The Case stated—“7. In 1885, under the provisions of the Aberdeen Reformatory and Industrial Schools Act 1885, there were amalgamated into one trust the Oldmill Reformatory for boys, the Mount Street Reformatory for girls, the Industrial School for boys at Oakbank, the Industrial School for girls at Whitehill, and the said House of Refuge.… The said House of Refuge ceased to exist and was discontinued in or about June 1885.… The directors of the Aberdeen Reformatory and Industrial Schools and Houses of Refuge have intimated by letter to the factor, dated 23rd September 1913, that they do not intend to make any application for the said annuity and may be held as having acquiesced in its discontinuance from the date thereof.…”

These questions were, inter alia, submitted—“1. Are the first parties entitled to apply the annuity of £20 bequeathed to the House of Refuge in Aberdeen in respect of its discontinuance to such other charitable purpose or educational scheme for the poor as they may deem fit and proper? 3. Is the provision in question void from uncertainty?”

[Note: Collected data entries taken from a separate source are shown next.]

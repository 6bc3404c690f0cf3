-- ===== src/Prelude/All.antt =====
-- A predicate on every element of a list, by recursion.
use mathlib.Core.List.{List, [], ◌∷◌, ◌++◌, map}

abbrev pub All {ℓ κ} : {A : Type ℓ} → (A → Type κ) → List A → Type κ
All P [] = Unit
All P (x ∷ xs) = P x × All P xs

module _ {ℓ κ} {A : Type ℓ} (P : A → Type κ) where
  pub All-append : (xs ys : List A) → All P xs → All P ys → All P (xs ++ ys)
  All-append [] ys _ h = h
  All-append (x ∷ xs) ys (p, r) h = (p, All-append xs ys r h)

  pub All-append_left : (xs ys : List A) → All P (xs ++ ys) → All P xs
  All-append_left [] ys h = tt
  All-append_left (x ∷ xs) ys (p, r) = (p, All-append_left xs ys r)

  pub All-append_right : (xs ys : List A) → All P (xs ++ ys) → All P ys
  All-append_right [] ys h = h
  All-append_right (x ∷ xs) ys (p, r) = All-append_right xs ys r

module _ {ℓ κ μ} {A : Type ℓ} {B : Type κ} (P : B → Type μ) where
  pub All-map : (f : A → B) (xs : List A) → ((a : A) → P (f a)) → All P (map f xs)
  All-map f [] h = tt
  All-map f (x ∷ xs) h = (h x, All-map f xs h)

module _ {ℓ κ μ} {A : Type ℓ} (P : A → Type κ) (Q : A → Type μ) where
  pub All-implies : ((a : A) → P a → Q a) → (xs : List A) → All P xs → All Q xs
  All-implies f [] h = tt
  All-implies f (x ∷ xs) (p, r) = (f x p, All-implies f xs r)
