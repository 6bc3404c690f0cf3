-- ===== src/Prelude/GoMap.antt =====
-- Go maps with string keys, as association lists: `m[k]`, `m[k] = v`, `delete(m, k)`.
use mathlib.Core.Path.{◌≡◌, refl, subst}
use mathlib.Core.Logic.{inl, inr}
use mathlib.Core.Option.{Option, none, some}
use mathlib.Core.List.{List, [], ◌∷◌}
use native.Mathlib.Omega.{arith}
use hypertrace_collector.Prelude.Tests.{if◌then◌else◌, Bool-cases}
use hypertrace_collector.Prelude.All.{All}
use hypertrace_collector.Prelude.Text.{Str, str_eq, str_eq_iff}

abbrev pub GoMap {ℓ} : Type ℓ → Type ℓ
GoMap V = List (Str × V)

module _ {ℓ} {V : Type ℓ} where
  -- `v, ok := m[k]`
  unfoldable pub lookup : Str → GoMap V → Option V
  lookup k [] = none
  lookup k ((j, v) ∷ m) = if str_eq j k then some v else lookup k m

  -- `m[k] = v`
  unfoldable pub insert : Str → V → GoMap V → GoMap V
  insert k v [] = (k, v) ∷ []
  insert k v ((j, w) ∷ m) = if str_eq j k then (k, v) ∷ m else (j, w) ∷ insert k v m

  -- `delete(m, k)`
  unfoldable pub erase : Str → GoMap V → GoMap V
  erase k [] = []
  erase k ((j, w) ∷ m) = let rest = erase k m in if str_eq j k then rest else (j, w) ∷ rest

  pub lookup-nil : (k : Str) → lookup k [] ≡ none
  unfolding lookup
  lookup-nil k = refl

  pub lookup-insert :
      (k j : Str) (v : V) (m : GoMap V)
      → lookup j (insert k v m) ≡ (if str_eq k j then some v else lookup j m)
  unfolding lookup insert
  lookup-insert k j v [] = refl
  lookup-insert k j v ((i, w) ∷ m) =
      ground (arith, lookup-insert k j v m, str_eq_iff i k, str_eq_iff i j, str_eq_iff k j)

  pub lookup-erase :
      (k j : Str) (m : GoMap V) → lookup j (erase k m) ≡ (if str_eq k j then none else lookup j m)
  unfolding lookup erase
  lookup-erase k j [] = ground arith
  lookup-erase k j ((i, w) ∷ m) =
      ground (arith, lookup-erase k j m, str_eq_iff i k, str_eq_iff i j, str_eq_iff k j)

pub ruleset map_laws = (lookup-nil, lookup-insert, lookup-erase)

module _ {V : Type 0} (P : Str → V → Type 0) where
  -- What holds of every entry of a map.
  abbrev pub Entries : GoMap V → Type 0
  Entries m = All (λ e. P e.0 e.1) m

  pub Entries-lookup : (k : Str) (v : V) (m : GoMap V) → Entries m → lookup k m ≡ some v → P k v
  unfolding lookup
  Entries-lookup k v [] h e = cc
  Entries-lookup k v ((j, w) ∷ m) (h, hs) e = elim (Bool-cases (str_eq j k)) [
    | inl q ↦
        let same : j ≡ k = (str_eq_iff j k).0 q in
        let value : w ≡ v = cc (rw q at e) in subst (λ x. P k x) value (subst (λ x. P x w) same h)
    | inr q ↦ Entries-lookup k v m hs (rw q at e)
  ]

  pub Entries-insert : (k : Str) (v : V) (m : GoMap V) → P k v → Entries m → Entries (insert k v m)
  unfolding insert
  Entries-insert k v [] p h = (p, tt)
  Entries-insert k v ((j, w) ∷ m) p (h, hs) = elim (Bool-cases (str_eq j k)) [
    | inl q ↦ rw q (p, hs)
    | inr q ↦ rw q (h, Entries-insert k v m p hs)
  ]

  pub Entries-erase : (k : Str) (m : GoMap V) → Entries m → Entries (erase k m)
  unfolding erase
  Entries-erase k [] h = tt
  Entries-erase k ((j, w) ∷ m) (h, hs) = elim (Bool-cases (str_eq j k)) [
    | inl q ↦ rw q (Entries-erase k m hs)
    | inr q ↦ rw q (h, Entries-erase k m hs)
  ]
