-- ===== src/Pdata/Telemetry.antt =====
-- go.opencensus.io: the tag map of a context, as an interface, and the measurements that a call of
-- `stats.Record` leaves behind.
use hypertrace_collector.Prelude.{
  ℕ, ◌≡◌, Bool, Option, none, some, List, if◌then◌else◌, Str, str, str_eq,
}

-- The value of a key after `tag.New(ctx, tag.Insert(key, v))`: Insert "does not update" a key that
-- the map has, and an invalid value is refused (the code drops that error).
abbrev pub inserted : Option Str → Bool → Str → Option Str
inserted (some old) valid v = some old
inserted none valid v = if valid then some v else none

-- `T` is the tag map that a context carries.
pub record TagMap (T : Type 0) : Type 0 where
  pub insert : T → Str → Str → T
  pub value : T → Str → Option Str
  pub valid_value : Str → Bool
  pub value-insert :
      (t : T) (k v j : Str)
      → value (insert t k v) j
        ≡ (if str_eq k j then inserted (value t k) (valid_value v) v else value t j)

-- One recorded measurement: the measure's name, the tags of the context, and the amount.
pub record Measurement (T : Type 0) : Type 0 where
  pub measure : Str
  pub tags : T
  pub amount : ℕ

-- The processors' constants: their `tag.MustNewKey("tenant-id")`.
abbrev pub tag_tenant_id : Str
unfolding str
tag_tenant_id = str "tenant-id"

-- A context.Context: the tag map, and the result of `metadata.FromIncomingContext`, with `md.Get` as
-- a function (none: the context carries no metadata).
pub record Context (T : Type 0) : Type 0 where
  pub incoming : Option (Str → List Str)
  pub tags : T

-- A `view.View`: every view of this repository aggregates by `view.Sum()`.
pub record View : Type 0 where
  pub name : Str
  pub description : Str
  pub measure : Str
  pub tag_keys : List Str
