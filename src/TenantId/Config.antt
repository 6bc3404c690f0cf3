-- ===== src/TenantId/Config.antt =====
-- processors/tenantidprocessor/config.go, factory.go and metrics.go: the settings, their defaults,
-- the processor that they build, and the views of its measures.
use hypertrace_collector.Prelude.{List, [], ◌∷◌, Str, str}
use hypertrace_collector.Pdata.Telemetry.{View, tag_tenant_id}

pub record Config : Type 0 where
  pub tenant_id_header_name : Str
  pub tenant_id_attribute_key : Str

-- The fields of tenantIdProcessor; its logger is the `logged` part of an outcome.
pub record TenantIdProcessor : Type 0 where
  pub tenant_id_header_name : Str
  pub tenant_id_attribute_key : Str

abbrev pub default_header_name : Str
unfolding str
default_header_name = str "x-tenant-id"

abbrev pub default_attribute_key : Str
unfolding str
default_attribute_key = str "tenant-id"

abbrev pub create_default_config : Config
create_default_config = record {
  tenant_id_header_name = default_header_name;
  tenant_id_attribute_key = default_attribute_key;
}

-- createTraceProcessor and createMetricsProcessor build the same processor.
abbrev pub create_processor : Config → TenantIdProcessor
create_processor c = record {
  tenant_id_header_name = c.tenant_id_header_name;
  tenant_id_attribute_key = c.tenant_id_attribute_key;
}

abbrev pub stat_span_per_tenant : Str
unfolding str
stat_span_per_tenant = str "tenant_id_span_count"

abbrev pub stat_metric_per_tenant : Str
unfolding str
stat_metric_per_tenant = str "tenant_id_metric_count"

abbrev pub metric_views : List View
metric_views =
    record {
      name = stat_span_per_tenant;
      description = str "Number of spans received from a tenant";
      measure = stat_span_per_tenant;
      tag_keys = tag_tenant_id ∷ [];
    }
    ∷ record {
      name = stat_metric_per_tenant;
      description = str "Number of metrics received from a tenant";
      measure = stat_metric_per_tenant;
      tag_keys = tag_tenant_id ∷ [];
    }
    ∷ []
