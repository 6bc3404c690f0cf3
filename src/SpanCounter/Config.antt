-- ===== src/SpanCounter/Config.antt =====
-- processors/spancounter/config.go, factory.go and metrics.go, and newProcessor with its map of
-- tenants (spancounterprocessor.go).
pub mod Labels
pub mod Tenants
use hypertrace_collector.Prelude.{
  ℕ, suc, ◌+◌, Bool, List, [], ◌∷◌, Str, str, is_empty, if◌then◌else◌,
}
use hypertrace_collector.Prelude.GoMap.{GoMap, insert}
use hypertrace_collector.Pdata.Telemetry.{View}

pub record SpanAttribute : Type 0 where
  pub key : Str
  pub value : Str

pub record SpanConfig : Type 0 where
  pub label : Str
  pub span_name : Str
  pub span_attributes : List SpanAttribute

pub record ServiceConfig : Type 0 where
  pub service_name : Str
  pub span_configs : List SpanConfig

pub record TenantConfig : Type 0 where
  pub tenant_id : Str
  pub service_configs : List ServiceConfig

pub record Config : Type 0 where
  pub tenant_id_attribute_key : Str
  pub tenant_configs : List TenantConfig

abbrev pub default_tenant_id_attribute_key : Str
unfolding str
default_tenant_id_attribute_key = str "tenant-id"

abbrev pub create_default_config : Config
create_default_config = record {
  tenant_id_attribute_key = default_tenant_id_attribute_key;
  tenant_configs = [];
}

-- addUniqueLabelsToSpanConfigs. `uuid.NewString()` is a stream, `fresh n` its n-th result; each
-- function returns how many were taken.
pub label_spans : (ℕ → Str) → ℕ → List SpanConfig → List SpanConfig × ℕ
label_spans fresh n [] = ([], n)
label_spans fresh n (sc ∷ scs) =
    let m = if is_empty sc.label then suc n else n in
    let (rest, k) = label_spans fresh m scs in
    ((if is_empty sc.label then record sc { label = fresh n } else sc) ∷ rest, k)

pub label_services : (ℕ → Str) → ℕ → List ServiceConfig → List ServiceConfig × ℕ
unfolding label_spans
label_services fresh n [] = ([], n)
label_services fresh n (s ∷ ss) =
    let (spans, m) = label_spans fresh n s.span_configs in
    let (rest, k) = label_services fresh m ss in (record s { span_configs = spans } ∷ rest, k)

pub label_tenants : (ℕ → Str) → ℕ → List TenantConfig → List TenantConfig × ℕ
unfolding label_services
label_tenants fresh n [] = ([], n)
label_tenants fresh n (t ∷ ts) =
    let (services, m) = label_services fresh n t.service_configs in
    let (rest, k) = label_tenants fresh m ts in (record t { service_configs = services } ∷ rest, k)

pub add_unique_labels_to_span_configs : (ℕ → Str) → Config → Config
unfolding label_tenants
add_unique_labels_to_span_configs fresh c = record c {
  tenant_configs = (label_tenants fresh 0 c.tenant_configs).0;
}

abbrev pub ServicesMap : Type 0
ServicesMap = GoMap (List SpanConfig)

-- The inner loop of createTenantsMap: later services of one name replace earlier ones.
unfoldable pub services_map : ServicesMap → List ServiceConfig → ServicesMap
services_map sm [] = sm
services_map sm (sc ∷ scs) =
    services_map
      (if is_empty sc.service_name then sm else insert sc.service_name sc.span_configs sm) scs

unfoldable pub tenants_map : GoMap ServicesMap → List TenantConfig → GoMap ServicesMap
unfolding services_map
tenants_map m [] = m
tenants_map m (tc ∷ tcs) =
    tenants_map
      (if is_empty tc.tenant_id
        then m
        else insert tc.tenant_id (services_map [] tc.service_configs) m)
      tcs

-- createTenantsMap
unfoldable pub create_tenants_map : Config → GoMap ServicesMap
unfolding tenants_map
create_tenants_map c = tenants_map [] c.tenant_configs

pub record SpanCounter : Type 0 where
  pub tenant_id_attribute_key : Str
  pub tenants : GoMap ServicesMap

-- newProcessor
pub new_processor : Config → SpanCounter
unfolding create_tenants_map
new_processor c = record {
  tenant_id_attribute_key =
      if is_empty c.tenant_id_attribute_key
      then default_tenant_id_attribute_key
      else c.tenant_id_attribute_key;
  tenants = create_tenants_map c;
}

-- createTracesProcessor
pub create_traces_processor : (ℕ → Str) → Config → SpanCounter
unfolding add_unique_labels_to_span_configs new_processor
create_traces_processor fresh c = new_processor (add_unique_labels_to_span_configs fresh c)

abbrev pub tag_span_criteria_label : Str
unfolding str
tag_span_criteria_label = str "span-criteria-label"

abbrev pub stat_criteria_based_span_count : Str
unfolding str
stat_criteria_based_span_count = str "criteria_span_count"

abbrev pub metric_views : List View
metric_views =
    record {
      name = stat_criteria_based_span_count;
      description = str "Number of spans received from a tenant that match a certain criteria";
      measure = stat_criteria_based_span_count;
      tag_keys = tag_span_criteria_label ∷ [];
    }
    ∷ []
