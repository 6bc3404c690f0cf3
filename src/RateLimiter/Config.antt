-- ===== src/RateLimiter/Config.antt =====
-- processors/ratelimiter/config.go, metrics.go and the defaults of factory.go.
use hypertrace_collector.Prelude.{ℕ, List, [], ◌∷◌, Str, str}
use hypertrace_collector.Pdata.Telemetry.{View, tag_tenant_id}

-- `service_port` is a uint16, `timeout_millis` a uint32.
pub record Config : Type 0 where
  pub service_host : Str
  pub service_port : ℕ
  pub domain : Str
  pub tenant_id_header_name : Str
  pub timeout_millis : ℕ

abbrev pub default_service_host : Str
unfolding str
default_service_host = str "127.0.0.1"

abbrev pub default_service_port : ℕ
default_service_port = 8081

abbrev pub default_domain : Str
unfolding str
default_domain = str "collector"

abbrev pub default_header_name : Str
unfolding str
default_header_name = str "x-tenant-id"

-- 1 second
abbrev pub default_timeout_millis : ℕ
default_timeout_millis = 1000

abbrev pub create_default_config : Config
create_default_config = record {
  service_host = default_service_host;
  service_port = default_service_port;
  domain = default_domain;
  tenant_id_header_name = default_header_name;
  timeout_millis = default_timeout_millis;
}

abbrev pub dropped_span_count : Str
unfolding str
dropped_span_count = str "tenant_id_dropped_span_count"

abbrev pub rate_limit_service_calls_count : Str
unfolding str
rate_limit_service_calls_count = str "tenant_id_rate_limit_service_calls_count"

abbrev pub metric_views : List View
metric_views =
    record {
      name = dropped_span_count;
      description = str "Number of spans dropped per tenant due to rate limiting";
      measure = dropped_span_count;
      tag_keys = tag_tenant_id ∷ [];
    }
    ∷ record {
      name = rate_limit_service_calls_count;
      description = str "Number of calls to rate limiter service from collector";
      measure = rate_limit_service_calls_count;
      tag_keys = tag_tenant_id ∷ [];
    }
    ∷ []
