-- ===== src/Command.antt =====
-- cmd/collector/main.go: the factories that the collector is built with, and the views that it
-- registers. The factories of other repositories, MakeFactoryMap, view.Register and the command that
-- runs the collector are parameters.
pub mod Registered
use hypertrace_collector.Prelude.{◌⊎◌, inl, inr, Option, none, some, List, [], ◌∷◌, ◌++◌, Str, str}
use hypertrace_collector.Prelude.GoMap.{GoMap, insert}
use hypertrace_collector.Pdata.Telemetry.{View}
use hypertrace_collector.TenantId.Config as TenantIdConfig
use hypertrace_collector.SpanCounter.Config as SpanCounterConfig
use hypertrace_collector.RateLimiter.Config as RateLimiterConfig

-- A factory has a type; `F` is what it makes.
pub record Factory (F : Type 0) : Type 0 where
  pub type_name : Str
  pub makes : F

-- otelcol.Factories
pub record Factories (F : Type 0) : Type 0 where
  pub extensions : GoMap (Factory F)
  pub receivers : GoMap (Factory F)
  pub processors : GoMap (Factory F)
  pub exporters : GoMap (Factory F)

-- The factories of this repository, by what they make.
pub record Own (F : Type 0) : Type 0 where
  pub jaeger_receiver : F
  pub tenantidprocessor : F
  pub ratelimiter : F
  pub metricresourceattrstoattrs : F
  pub metricremover : F
  pub spancounter : F
  pub kafkaexporter : F
  pub prometheusexporter : F

-- The factories of other repositories.
pub record Others (F : Type 0) : Type 0 where
  pub zpages : Factory F
  pub ballast : Factory F
  pub otlp_receiver : Factory F
  pub logging : Factory F
  pub otlp_exporter : Factory F
  pub otlphttp : Factory F
  pub batch : Factory F
  pub memorylimiter : Factory F
  pub healthcheck : Factory F
  pub pprof : Factory F
  pub zipkin : Factory F
  pub opencensus : Factory F
  pub prometheus_receiver : Factory F
  pub routing : Factory F
  pub filter : Factory F
  pub file : Factory F

-- The types of this repository's factories.
abbrev pub jaeger_type : Str
jaeger_type = str "jaeger"

abbrev pub tenantid_type : Str
tenantid_type = str "hypertrace_tenantid"

abbrev pub ratelimiter_type : Str
ratelimiter_type = str "hypertrace_ratelimiter"

abbrev pub attrs_to_attrs_type : Str
attrs_to_attrs_type = str "hypertrace_metrics_resource_attrs_to_attrs"

abbrev pub metricremover_type : Str
metricremover_type = str "hypertrace_metrics_remover"

abbrev pub spancounter_type : Str
spancounter_type = str "hypertrace_spancounter"

abbrev pub kafka_type : Str
kafka_type = str "kafka"

abbrev pub prometheus_type : Str
prometheus_type = str "prometheus"

-- `m[f.Type()] = f`
abbrev pub add : {F : Type 0} → Factory F → GoMap (Factory F) → GoMap (Factory F)
add f m = insert f.type_name f m

abbrev pub own : {F : Type 0} → Str → F → Factory F
own name f = record { type_name = name; makes = f }

-- The result of MakeFactoryMap: the map, and the error of a duplicate type.
pub record Made (F E : Type 0) : Type 0 where
  pub factories : GoMap (Factory F)
  pub error : Option E

-- `multierr.Append`: an error that is not nil joins those before it.
abbrev pub append_error : {E : Type 0} → List E → Option E → List E
append_error errs none = errs
append_error errs (some e) = errs ++ e ∷ []

module _ {F : Type 0} (o : Others F) where
  -- The assignments of components.
  unfoldable pub with_components : Own F → Factories F → Factories F
  with_components w fs = record {
    extensions = add o.pprof (add o.healthcheck fs.extensions);
    receivers =
        add o.prometheus_receiver
          (add (own jaeger_type w.jaeger_receiver) (add o.opencensus (add o.zipkin fs.receivers)));
    processors = add o.filter (
        add (own spancounter_type w.spancounter) (
          add o.routing (
            add (own metricremover_type w.metricremover) (
              add (own attrs_to_attrs_type w.metricresourceattrstoattrs) (
                add (own ratelimiter_type w.ratelimiter)
                  (add (own tenantid_type w.tenantidprocessor) fs.processors))))));
    exporters =
        add (own prometheus_type w.prometheusexporter)
          (add (own kafka_type w.kafkaexporter) (add o.file fs.exporters));
  }

  module _ {E : Type 0} (make_factory_map : List (Factory F) → Made F E) where
    -- defaultComponents: the factories, and the errors.
    unfoldable pub default_components : Factories F × List E
    default_components =
        let extensions = make_factory_map (o.zpages ∷ o.ballast ∷ []) in
        let receivers = make_factory_map (o.otlp_receiver ∷ []) in
        let exporters = make_factory_map (o.logging ∷ o.otlp_exporter ∷ o.otlphttp ∷ []) in
        let processors = make_factory_map (o.batch ∷ o.memorylimiter ∷ []) in
        (
          record {
            extensions = extensions.factories;
            receivers = receivers.factories;
            processors = processors.factories;
            exporters = exporters.factories;
          },
          append_error
              (append_error (append_error (append_error [] extensions.error) receivers.error)
                exporters.error)
              processors.error,
        )

    -- The test of components on the errors of defaultComponents.
    pub if_no_errors : Own F → Factories F × List E → List E ⊎ Factories F
    if_no_errors w (fs, []) = inr (with_components w fs)
    if_no_errors w (fs, e ∷ es) = inl (e ∷ es)

    -- components
    unfoldable pub components : Own F → List E ⊎ Factories F
    unfolding if_no_errors default_components
    components w = if_no_errors w default_components

-- registerMetricViews: what it registers.
abbrev pub registered_views : List View
registered_views =
    TenantIdConfig.metric_views
    ++ (SpanCounterConfig.metric_views ++ RateLimiterConfig.metric_views)

-- run: the error of the command is wrapped.
pub data RunError (E : Type 0) : Type 0 where
  run_finished : E → RunError E

abbrev pub run : {E : Type 0} → Option E → Option (RunError E)
run none = none
run (some e) = some (run_finished e)

-- What ends main: a failure of registerMetricViews or of run is fatal; components is called by the
-- command.
pub data Exit (E : Type 0) : Type 0 where
  views_failed : E → Exit E
  run_failed : RunError E → Exit E
  done : Exit E

abbrev pub exit_of : {E : Type 0} → Option (RunError E) → Exit E
exit_of none = done
exit_of (some e) = run_failed e

-- main; `register` is view.Register.
unfoldable pub main : {E : Type 0} → (List View → Option E) → Option E → Exit E
main register executed = elim (register registered_views) [
  | some e ↦ views_failed e
  | none ↦ exit_of (run executed)
]
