-- ===== src/Controller/Enforce/Unread.antt =====
-- The actions of the spec play no part in steps 7 to 11.
use namespace_cost_governor.Base.{
  String, List, ◌≡◌, refl, inl, inr, Result-cases, Bool-cases, Result, ok, err, ◌>>=◌,
}
use namespace_cost_governor.Base.Int.{ℤ}
use namespace_cost_governor.Go.Float.{Float64}
use namespace_cost_governor.Api.{NamespaceBudget, Actions}
use namespace_cost_governor.Idle.{IdleWorkload}
use namespace_cost_governor.Outside.{Outside}
use namespace_cost_governor.Controller.{Reconciler}
use namespace_cost_governor.Controller.Conditions.{status_with}
use namespace_cost_governor.Controller.Phase.{under_pressure}
use namespace_cost_governor.Controller.Enforce.{
  filter_excluded, parse_window, actionable_of, detect, detect_actionable, write_status,
  update_status, enforce,
}

pub with_actions : Actions → NamespaceBudget → NamespaceBudget
with_actions actions b = record b { spec = record b.spec { actions = actions } }

abbrev found_with :
    Actions → NamespaceBudget × List IdleWorkload → NamespaceBudget × List IdleWorkload
found_with actions out = (with_actions actions out.0, out.1)

module _ {F : Float64} (O : Outside F) (r : Reconciler F) (actions : Actions) where
  abbrev over : {A : Type 0} → (A → A) → Result A × O.World → Result A × O.World
  over f (ok a, w) = (ok (f a), w)
  over f (err e, w) = (err e, w)

  actionable_of-with_actions :
      (b : NamespaceBudget) (detected : Result (List IdleWorkload)) (w : O.World)
      → actionable_of O (with_actions actions b) detected w
        ≡ over (found_with actions) (actionable_of O b detected w)
  unfolding actionable_of with_actions ◌>>=◌
  actionable_of-with_actions b (err e) w = refl
  actionable_of-with_actions b (ok ws) w =
      elim (Result-cases (filter_excluded O b.spec.exclusions ws w).0) [
        | inl (a, got) ↦ rw got refl
        | inr (e, failing) ↦ rw failing refl
      ]

  detect_actionable-with_actions :
      (namespace phase : String) (b : NamespaceBudget) (w : O.World)
      → detect_actionable O r namespace phase (with_actions actions b) w
        ≡ over (found_with actions) (detect_actionable O r namespace phase b w)
  unfolding detect_actionable detect ◌>>=◌ with_actions
  detect_actionable-with_actions namespace phase b w = elim (Bool-cases (under_pressure phase)) [
    | inr calm ↦ rw calm refl
    | inl pressed ↦ elim (Result-cases (parse_window O b.spec.idle_threshold.window)) [
      | inr (e, failing) ↦ rw (pressed, failing) refl
      | inl (window, read) ↦ rw (pressed, read) (actionable_of-with_actions b _ _)
    ]
  ]

  update_status-with_actions :
      (b : NamespaceBudget) (phase : String) (percent : ℤ) (w : O.World)
      → update_status O (with_actions actions b) phase percent w
        ≡ over (with_actions actions) (update_status O b phase percent w)
  unfolding update_status write_status ◌>>=◌ with_actions
  update_status-with_actions b phase percent w =
      elim (Result-cases
        (O.retry_on_conflict (write_status O b (status_with phase percent (O.now w).0 b.status))
          (O.now w).1).0) [ inl (a, fine) ↦ rw fine refl | inr (e, failing) ↦ rw failing refl ]

  -- Steps 7 to 11 do the same whatever actions the spec names for the phases: they return the same
  -- and leave the same world.
  pub enforce-with_actions :
      (namespace previous_phase phase : String) (percent : ℤ) (b : NamespaceBudget) (w : O.World)
      → enforce O r namespace previous_phase phase percent (with_actions actions b) w
        ≡ enforce O r namespace previous_phase phase percent b w
  unfolding enforce ◌>>=◌ with_actions
  enforce-with_actions namespace previous_phase phase percent b w =
      elim (Result-cases (detect_actionable O r namespace phase b w).0) [
        | inr (e, failing) ↦ rw (detect_actionable-with_actions namespace phase b w, failing) refl
        | inl (out, found) ↦
            let w1 = (detect_actionable O r namespace phase b w).1 in
            rw (detect_actionable-with_actions namespace phase b w, found)
              (elim (Result-cases (update_status O out.0 phase percent w1).0) [
                | inr (e, failing) ↦
                    rw (update_status-with_actions out.0 phase percent w1, failing) refl
                | inl (b2, fine) ↦ rw (update_status-with_actions out.0 phase percent w1, fine) refl
              ])
      ]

Argued for the first parties—This bequest was not void from uncertainty. It had been established that the Courts would sustain any bequest for a charitable purpose, and an educational scheme for the poor was just one particular branch of charity— Milne's Executors v. Aberdeen University Court, (1905) 7 F. 642, 42 S.L.R. 533. As the bequests were really for charity the mode of their application was not of the substance of the legacy— Mayor of Lyons v. Advocate-General of Bengal, (1876) 1 A.C. 91, at p. 113.

Argued for the second parties—A bequest for purposes of education even of the poor was not a bequest for a charity— M'Conochie's Trustees v. M'Conochie, 1909 SC 1046, 46 S.L.R. 707. If it has been held that “religious” purposes was too vague, then a fortiori “educational” purposes was too uncertain also. The trustees were only entitled to apply the funds to charitable purposes in the strictest sense of the term, as the testators had in their wording of the deed carefully delimited their application.

Judgment:

Lord Justice-Clerk—In this case I do not think there is really any serious difficulty about any of the questions. By the testator's deed of settlement a number of bequests are made in favour of certain named charitable institutions, and then it is provided that in the event of any of these institutions ceasing to exist and being discontinued the trustees are to “apply the said bequests for such other charitable purpose or educational scheme for the poor as they may deem fit and proper.” Now one of the named institutions—the House of Refuge in Aberdeen—has ceased to exist, and the question is raised whether the provision by which the trustees are empowered to apply the bequest so released for such charitable purpose or educational scheme for the poor as they may deem fit is void from uncertainty. On the authorities I think it is quite clear that this question must be answered in the negative. In my opinion it is settled that the Court will sustain any bequest for a “charitable” purpose, and in accordance with what was said in the case of Commissioners for Special Purposes of Income Tax v. Pemsel, [1891] AC 531, with reference to Baird's Trustees v. Lord Advocate, 15 R. 682, 25 S.L.R. 533, I am of opinion that a provision for an “educational scheme for the poor” is a bequest for a charitable purpose, not only according to the law of England where the Statute of Elizabeth rules, but also according to the law of Scotland. Accordingly I am unable to hold that this provision is void from uncertainty.

Lord Dundas, Lord Salvesen, and Lord Guthrie concurred.

The Court answered the first question of law in the affirmative and the third question in the negative.

Counsel:

Counsel for the First Parties— Wilton. Agents— Nisbet, Mathison, & Oliphant, W.S.

Counsel for the Second Parties— Scott. Agents— Tawse & Bonar, W.S.